_Exercise requirements_:
An exact copy of every record is required.

(Items from a dataset)
*-*-*

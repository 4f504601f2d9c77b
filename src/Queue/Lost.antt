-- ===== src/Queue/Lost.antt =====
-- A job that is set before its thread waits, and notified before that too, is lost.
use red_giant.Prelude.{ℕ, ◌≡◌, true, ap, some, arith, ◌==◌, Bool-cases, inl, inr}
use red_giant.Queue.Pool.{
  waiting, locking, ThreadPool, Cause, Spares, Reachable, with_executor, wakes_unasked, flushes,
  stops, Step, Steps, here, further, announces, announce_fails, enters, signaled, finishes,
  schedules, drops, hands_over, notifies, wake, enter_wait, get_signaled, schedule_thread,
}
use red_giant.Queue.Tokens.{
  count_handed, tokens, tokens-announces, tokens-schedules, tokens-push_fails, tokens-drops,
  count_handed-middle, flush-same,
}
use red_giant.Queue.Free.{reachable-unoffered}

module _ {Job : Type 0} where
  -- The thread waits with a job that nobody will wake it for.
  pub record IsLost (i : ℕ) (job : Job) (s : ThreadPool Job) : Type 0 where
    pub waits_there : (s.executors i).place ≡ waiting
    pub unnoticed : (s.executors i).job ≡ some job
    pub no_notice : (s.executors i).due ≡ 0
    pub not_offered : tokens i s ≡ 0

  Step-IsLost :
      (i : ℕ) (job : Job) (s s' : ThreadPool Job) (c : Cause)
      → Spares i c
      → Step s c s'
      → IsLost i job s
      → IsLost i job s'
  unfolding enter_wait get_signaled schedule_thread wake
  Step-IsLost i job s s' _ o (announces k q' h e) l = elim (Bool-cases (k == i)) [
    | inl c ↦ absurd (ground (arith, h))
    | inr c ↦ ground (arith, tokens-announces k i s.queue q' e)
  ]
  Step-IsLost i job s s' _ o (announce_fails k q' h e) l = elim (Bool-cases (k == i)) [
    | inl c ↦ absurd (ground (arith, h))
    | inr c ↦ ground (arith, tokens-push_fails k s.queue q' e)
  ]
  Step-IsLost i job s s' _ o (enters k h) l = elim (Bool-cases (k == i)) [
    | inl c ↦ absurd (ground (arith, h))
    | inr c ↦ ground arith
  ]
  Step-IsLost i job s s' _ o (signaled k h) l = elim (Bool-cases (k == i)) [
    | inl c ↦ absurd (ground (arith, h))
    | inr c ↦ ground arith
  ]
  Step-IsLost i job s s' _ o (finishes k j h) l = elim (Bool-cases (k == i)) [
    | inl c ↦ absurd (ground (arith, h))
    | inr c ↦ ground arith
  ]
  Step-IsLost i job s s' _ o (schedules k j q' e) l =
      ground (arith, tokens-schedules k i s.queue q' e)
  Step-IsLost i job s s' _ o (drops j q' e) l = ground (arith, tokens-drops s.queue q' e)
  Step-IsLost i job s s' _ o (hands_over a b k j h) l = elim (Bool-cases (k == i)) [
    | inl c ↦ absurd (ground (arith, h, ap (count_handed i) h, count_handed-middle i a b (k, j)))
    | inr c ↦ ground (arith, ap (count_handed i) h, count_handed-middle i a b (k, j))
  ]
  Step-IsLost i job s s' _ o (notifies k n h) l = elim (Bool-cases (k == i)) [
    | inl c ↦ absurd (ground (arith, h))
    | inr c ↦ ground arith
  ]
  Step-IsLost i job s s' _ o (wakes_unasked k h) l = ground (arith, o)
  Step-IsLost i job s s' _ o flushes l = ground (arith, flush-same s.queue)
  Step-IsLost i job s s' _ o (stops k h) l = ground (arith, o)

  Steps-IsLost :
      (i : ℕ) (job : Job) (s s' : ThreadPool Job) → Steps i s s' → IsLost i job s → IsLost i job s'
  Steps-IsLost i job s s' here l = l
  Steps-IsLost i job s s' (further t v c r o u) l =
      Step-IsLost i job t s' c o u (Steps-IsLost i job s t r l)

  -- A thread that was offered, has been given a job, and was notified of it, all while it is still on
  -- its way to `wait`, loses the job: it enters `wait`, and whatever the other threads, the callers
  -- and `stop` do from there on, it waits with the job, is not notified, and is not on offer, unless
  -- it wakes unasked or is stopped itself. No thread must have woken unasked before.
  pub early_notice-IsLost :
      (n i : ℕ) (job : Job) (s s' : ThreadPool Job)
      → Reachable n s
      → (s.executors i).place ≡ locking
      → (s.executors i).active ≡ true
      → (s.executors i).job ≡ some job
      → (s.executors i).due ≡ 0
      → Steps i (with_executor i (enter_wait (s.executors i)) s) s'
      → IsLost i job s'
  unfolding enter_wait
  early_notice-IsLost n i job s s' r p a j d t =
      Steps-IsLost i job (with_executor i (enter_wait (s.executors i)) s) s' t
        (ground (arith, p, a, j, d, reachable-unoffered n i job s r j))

*-*-*

_Solution for this task_:
repository 4f504601f2d9c77b
filename src/Queue/Lost.antt
-- ===== src/Queue/Lost.antt =====
-- A job that is set before its thread waits, and notified before that too, is lost.
use red_giant.Prelude.{ℕ, ◌≡◌, true, ap, some, arith, ◌==◌, Bool-cases, inl, inr}
use red_giant.Queue.Pool.{
  waiting, locking, ThreadPool, Cause, Spares, Reachable, with_executor, wakes_unasked, flushes,
  stops, Step, Steps, here, further, announces, announce_fails, enters, signaled, finishes,
  schedules, drops, hands_over, notifies, wake, enter_wait, get_signaled, schedule_thread,
}
use red_giant.Queue.Tokens.{
  count_handed, tokens, tokens-announces, tokens-schedules, tokens-push_fails, tokens-drops,
  count_handed-middle, flush-same,
}
use red_giant.Queue.Free.{reachable-unoffered}

module _ {Job : Type 0} where
  -- The thread waits with a job that nobody will wake it for.
  pub record IsLost (i : ℕ) (job : Job) (s : ThreadPool Job) : Type 0 where
    pub waits_there : (s.executors i).place ≡ waiting
    pub unnoticed : (s.executors i).job ≡ some job
    pub no_notice : (s.executors i).due ≡ 0
    pub not_offered : tokens i s ≡ 0

  Step-IsLost :
      (i : ℕ) (job : Job) (s s' : ThreadPool Job) (c : Cause)
      → Spares i c
      → Step s c s'
      → IsLost i job s
      → IsLost i job s'
  unfolding enter_wait get_signaled schedule_thread wake
  Step-IsLost i job s s' _ o (announces k q' h e) l = elim (Bool-cases (k == i)) [
    | inl c ↦ absurd (ground (arith, h))
    | inr c ↦ ground (arith, tokens-announces k i s.queue q' e)
  ]
  Step-IsLost i job s s' _ o (announce_fails k q' h e) l = elim (Bool-cases (k == i)) [
    | inl c ↦ absurd (ground (arith, h))
    | inr c ↦ ground (arith, tokens-push_fails k s.queue q' e)
  ]
  Step-IsLost i job s s' _ o (enters k h) l = elim (Bool-cases (k == i)) [
    | inl c ↦ absurd (ground (arith, h))
    | inr c ↦ ground arith
  ]
  Step-IsLost i job s s' _ o (signaled k h) l = elim (Bool-cases (k == i)) [
    | inl c ↦ absurd (ground (arith, h))
    | inr c ↦ ground arith
  ]
  Step-IsLost i job s s' _ o (finishes k j h) l = elim (Bool-cases (k == i)) [
    | inl c ↦ absurd (ground (arith, h))
    | inr c ↦ ground arith
  ]
  Step-IsLost i job s s' _ o (schedules k j q' e) l =
      ground (arith, tokens-schedules k i s.queue q' e)
  Step-IsLost i job s s' _ o (drops j q' e) l = ground (arith, tokens-drops s.queue q' e)
  Step-IsLost i job s s' _ o (hands_over a b k j h) l = elim (Bool-cases (k == i)) [
    | inl c ↦ absurd (ground (arith, h, ap (count_handed i) h, count_handed-middle i a b (k, j)))
    | inr c ↦ ground (arith, ap (count_handed i) h, count_handed-middle i a b (k, j))
  ]
  Step-IsLost i job s s' _ o (notifies k n h) l = elim (Bool-cases (k == i)) [
    | inl c ↦ absurd (ground (arith, h))
    | inr c ↦ ground arith
  ]
  Step-IsLost i job s s' _ o (wakes_unasked k h) l = ground (arith, o)
  Step-IsLost i job s s' _ o flushes l = ground (arith, flush-same s.queue)
  Step-IsLost i job s s' _ o (stops k h) l = ground (arith, o)

  Steps-IsLost :
      (i : ℕ) (job : Job) (s s' : ThreadPool Job) → Steps i s s' → IsLost i job s → IsLost i job s'
  Steps-IsLost i job s s' here l = l
  Steps-IsLost i job s s' (further t v c r o u) l =
      Step-IsLost i job t s' c o u (Steps-IsLost i job s t r l)

  -- A thread that was offered, has been given a job, and was notified of it, all while it is still on
  -- its way to `wait`, loses the job: it enters `wait`, and whatever the other threads, the callers
  -- and `stop` do from there on, it waits with the job, is not notified, and is not on offer, unless
  -- it wakes unasked or is stopped itself. No thread must have woken unasked before.
  pub early_notice-IsLost :
      (n i : ℕ) (job : Job) (s s' : ThreadPool Job)
      → Reachable n s
      → (s.executors i).place ≡ locking
      → (s.executors i).active ≡ true
      → (s.executors i).job ≡ some job
      → (s.executors i).due ≡ 0
      → Steps i (with_executor i (enter_wait (s.executors i)) s) s'
      → IsLost i job s'
  unfolding enter_wait
  early_notice-IsLost n i job s s' r p a j d t =
      Steps-IsLost i job (with_executor i (enter_wait (s.executors i)) s) s' t
        (ground (arith, p, a, j, d, reachable-unoffered n i job s r j))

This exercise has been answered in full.